__WHAT IS BEING ASKED__
Stopping right after the line with "compare-milliseconds a b", please reproduce the material below exactly from its first line.

__DATA EXTRACTS__

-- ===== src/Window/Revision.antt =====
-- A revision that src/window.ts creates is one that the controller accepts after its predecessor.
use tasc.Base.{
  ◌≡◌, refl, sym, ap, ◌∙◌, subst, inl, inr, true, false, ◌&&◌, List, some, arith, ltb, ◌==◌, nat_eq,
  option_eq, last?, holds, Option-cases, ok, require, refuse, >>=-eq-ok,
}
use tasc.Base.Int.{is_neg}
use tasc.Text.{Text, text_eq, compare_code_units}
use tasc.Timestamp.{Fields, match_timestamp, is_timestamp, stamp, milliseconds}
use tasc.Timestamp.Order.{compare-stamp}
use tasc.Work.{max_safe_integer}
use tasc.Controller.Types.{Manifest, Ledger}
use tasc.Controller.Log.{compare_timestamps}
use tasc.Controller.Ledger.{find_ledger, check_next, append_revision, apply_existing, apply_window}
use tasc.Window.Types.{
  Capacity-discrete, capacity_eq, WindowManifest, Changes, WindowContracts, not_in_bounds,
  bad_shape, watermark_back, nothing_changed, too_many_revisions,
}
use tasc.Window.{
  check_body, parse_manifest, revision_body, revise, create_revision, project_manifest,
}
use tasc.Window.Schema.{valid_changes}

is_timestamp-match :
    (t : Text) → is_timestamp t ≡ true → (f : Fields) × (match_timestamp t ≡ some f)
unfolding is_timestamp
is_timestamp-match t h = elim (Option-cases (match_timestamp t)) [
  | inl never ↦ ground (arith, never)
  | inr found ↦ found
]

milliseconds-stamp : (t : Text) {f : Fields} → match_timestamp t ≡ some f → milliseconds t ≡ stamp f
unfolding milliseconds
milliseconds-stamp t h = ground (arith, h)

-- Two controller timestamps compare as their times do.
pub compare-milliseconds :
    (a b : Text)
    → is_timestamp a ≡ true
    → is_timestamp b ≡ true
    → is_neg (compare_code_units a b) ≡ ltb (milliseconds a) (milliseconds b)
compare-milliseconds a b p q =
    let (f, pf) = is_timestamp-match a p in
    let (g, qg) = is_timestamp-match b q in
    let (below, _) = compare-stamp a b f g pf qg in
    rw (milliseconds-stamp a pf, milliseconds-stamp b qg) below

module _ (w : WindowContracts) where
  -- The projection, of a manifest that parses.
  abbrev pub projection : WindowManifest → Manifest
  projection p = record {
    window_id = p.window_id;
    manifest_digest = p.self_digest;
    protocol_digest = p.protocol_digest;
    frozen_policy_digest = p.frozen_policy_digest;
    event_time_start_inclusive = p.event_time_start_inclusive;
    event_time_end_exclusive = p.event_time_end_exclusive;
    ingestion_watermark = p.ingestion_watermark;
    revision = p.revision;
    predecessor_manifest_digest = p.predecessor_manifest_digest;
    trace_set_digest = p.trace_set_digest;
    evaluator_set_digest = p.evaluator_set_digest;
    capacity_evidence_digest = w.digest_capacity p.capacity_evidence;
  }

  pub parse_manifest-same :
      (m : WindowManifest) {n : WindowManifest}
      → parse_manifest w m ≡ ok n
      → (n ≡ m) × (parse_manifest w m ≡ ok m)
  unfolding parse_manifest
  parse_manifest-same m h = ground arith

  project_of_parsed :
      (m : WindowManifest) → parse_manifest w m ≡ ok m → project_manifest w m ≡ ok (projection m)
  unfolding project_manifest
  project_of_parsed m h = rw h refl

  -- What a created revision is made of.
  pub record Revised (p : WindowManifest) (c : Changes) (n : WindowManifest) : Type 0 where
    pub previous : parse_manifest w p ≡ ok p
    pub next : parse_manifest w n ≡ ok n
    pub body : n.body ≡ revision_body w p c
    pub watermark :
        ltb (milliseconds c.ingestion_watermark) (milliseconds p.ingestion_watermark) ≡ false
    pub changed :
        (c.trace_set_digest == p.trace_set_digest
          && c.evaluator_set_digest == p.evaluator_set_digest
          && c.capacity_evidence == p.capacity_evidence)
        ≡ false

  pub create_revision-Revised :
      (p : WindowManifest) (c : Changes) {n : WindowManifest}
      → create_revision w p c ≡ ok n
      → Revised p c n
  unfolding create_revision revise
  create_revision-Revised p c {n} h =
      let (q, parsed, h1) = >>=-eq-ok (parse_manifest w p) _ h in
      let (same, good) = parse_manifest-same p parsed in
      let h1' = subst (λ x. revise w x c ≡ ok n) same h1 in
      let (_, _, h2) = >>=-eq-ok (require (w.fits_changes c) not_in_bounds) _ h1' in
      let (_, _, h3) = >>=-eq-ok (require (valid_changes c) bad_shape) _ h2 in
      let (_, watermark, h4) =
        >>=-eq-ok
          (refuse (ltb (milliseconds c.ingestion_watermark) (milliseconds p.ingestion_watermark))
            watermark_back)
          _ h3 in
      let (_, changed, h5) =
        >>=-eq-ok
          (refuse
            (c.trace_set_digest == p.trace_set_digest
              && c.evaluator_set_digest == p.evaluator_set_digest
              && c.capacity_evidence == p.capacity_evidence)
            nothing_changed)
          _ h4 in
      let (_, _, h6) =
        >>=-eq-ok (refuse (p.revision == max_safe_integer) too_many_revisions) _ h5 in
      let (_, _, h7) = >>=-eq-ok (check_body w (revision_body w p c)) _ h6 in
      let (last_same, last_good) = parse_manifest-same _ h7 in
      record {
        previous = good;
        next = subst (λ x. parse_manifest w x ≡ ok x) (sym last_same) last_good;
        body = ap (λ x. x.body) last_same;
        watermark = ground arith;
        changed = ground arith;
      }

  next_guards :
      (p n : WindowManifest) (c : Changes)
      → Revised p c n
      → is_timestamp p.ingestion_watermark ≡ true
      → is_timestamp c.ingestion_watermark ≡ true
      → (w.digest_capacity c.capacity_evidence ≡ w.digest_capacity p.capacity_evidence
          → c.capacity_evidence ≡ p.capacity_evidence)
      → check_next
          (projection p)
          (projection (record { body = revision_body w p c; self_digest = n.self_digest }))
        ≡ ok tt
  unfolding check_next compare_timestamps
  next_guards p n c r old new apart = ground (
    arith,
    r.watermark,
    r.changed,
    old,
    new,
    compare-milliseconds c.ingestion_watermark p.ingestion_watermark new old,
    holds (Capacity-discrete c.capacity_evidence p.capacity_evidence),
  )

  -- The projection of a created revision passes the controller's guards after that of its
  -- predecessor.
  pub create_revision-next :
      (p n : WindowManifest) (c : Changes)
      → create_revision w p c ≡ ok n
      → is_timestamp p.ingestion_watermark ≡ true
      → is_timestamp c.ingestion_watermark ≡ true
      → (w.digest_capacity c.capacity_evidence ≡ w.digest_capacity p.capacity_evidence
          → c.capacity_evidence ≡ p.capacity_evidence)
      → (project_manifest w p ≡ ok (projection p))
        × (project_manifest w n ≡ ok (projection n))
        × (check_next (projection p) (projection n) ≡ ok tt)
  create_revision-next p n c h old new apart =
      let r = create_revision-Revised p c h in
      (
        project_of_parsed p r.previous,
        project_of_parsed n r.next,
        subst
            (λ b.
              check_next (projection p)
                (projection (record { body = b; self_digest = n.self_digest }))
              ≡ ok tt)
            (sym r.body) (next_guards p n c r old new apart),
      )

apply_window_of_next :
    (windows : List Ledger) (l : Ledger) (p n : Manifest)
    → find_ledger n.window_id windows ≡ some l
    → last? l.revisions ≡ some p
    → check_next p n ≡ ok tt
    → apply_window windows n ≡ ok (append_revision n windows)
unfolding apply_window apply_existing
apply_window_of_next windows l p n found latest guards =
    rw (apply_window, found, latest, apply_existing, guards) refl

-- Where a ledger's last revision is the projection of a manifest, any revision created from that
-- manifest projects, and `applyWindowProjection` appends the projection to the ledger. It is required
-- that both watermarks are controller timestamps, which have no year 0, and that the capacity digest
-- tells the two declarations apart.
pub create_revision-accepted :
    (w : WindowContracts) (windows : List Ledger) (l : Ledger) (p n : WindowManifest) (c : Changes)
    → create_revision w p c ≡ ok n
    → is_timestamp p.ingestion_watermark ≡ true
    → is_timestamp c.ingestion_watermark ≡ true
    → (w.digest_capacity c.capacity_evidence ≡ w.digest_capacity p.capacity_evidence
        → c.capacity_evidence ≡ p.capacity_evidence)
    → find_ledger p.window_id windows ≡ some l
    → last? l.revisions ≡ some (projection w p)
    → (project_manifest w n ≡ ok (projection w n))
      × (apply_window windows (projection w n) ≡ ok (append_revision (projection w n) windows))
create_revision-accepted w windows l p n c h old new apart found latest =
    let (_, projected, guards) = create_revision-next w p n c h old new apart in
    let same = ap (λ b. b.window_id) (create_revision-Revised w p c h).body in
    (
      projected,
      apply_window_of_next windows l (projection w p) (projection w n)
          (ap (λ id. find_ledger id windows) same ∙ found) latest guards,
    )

__RESULT__
-- ===== src/Window/Revision.antt =====
-- A revision that src/window.ts creates is one that the controller accepts after its predecessor.
use tasc.Base.{
  ◌≡◌, refl, sym, ap, ◌∙◌, subst, inl, inr, true, false, ◌&&◌, List, some, arith, ltb, ◌==◌, nat_eq,
  option_eq, last?, holds, Option-cases, ok, require, refuse, >>=-eq-ok,
}
use tasc.Base.Int.{is_neg}
use tasc.Text.{Text, text_eq, compare_code_units}
use tasc.Timestamp.{Fields, match_timestamp, is_timestamp, stamp, milliseconds}
use tasc.Timestamp.Order.{compare-stamp}
use tasc.Work.{max_safe_integer}
use tasc.Controller.Types.{Manifest, Ledger}
use tasc.Controller.Log.{compare_timestamps}
use tasc.Controller.Ledger.{find_ledger, check_next, append_revision, apply_existing, apply_window}
use tasc.Window.Types.{
  Capacity-discrete, capacity_eq, WindowManifest, Changes, WindowContracts, not_in_bounds,
  bad_shape, watermark_back, nothing_changed, too_many_revisions,
}
use tasc.Window.{
  check_body, parse_manifest, revision_body, revise, create_revision, project_manifest,
}
use tasc.Window.Schema.{valid_changes}

is_timestamp-match :
    (t : Text) → is_timestamp t ≡ true → (f : Fields) × (match_timestamp t ≡ some f)
unfolding is_timestamp
is_timestamp-match t h = elim (Option-cases (match_timestamp t)) [
  | inl never ↦ ground (arith, never)
  | inr found ↦ found
]

milliseconds-stamp : (t : Text) {f : Fields} → match_timestamp t ≡ some f → milliseconds t ≡ stamp f
unfolding milliseconds
milliseconds-stamp t h = ground (arith, h)

-- Two controller timestamps compare as their times do.
pub compare-milliseconds :
    (a b : Text)
    → is_timestamp a ≡ true
    → is_timestamp b ≡ true
    → is_neg (compare_code_units a b) ≡ ltb (milliseconds a) (milliseconds b)
compare-milliseconds a b p q =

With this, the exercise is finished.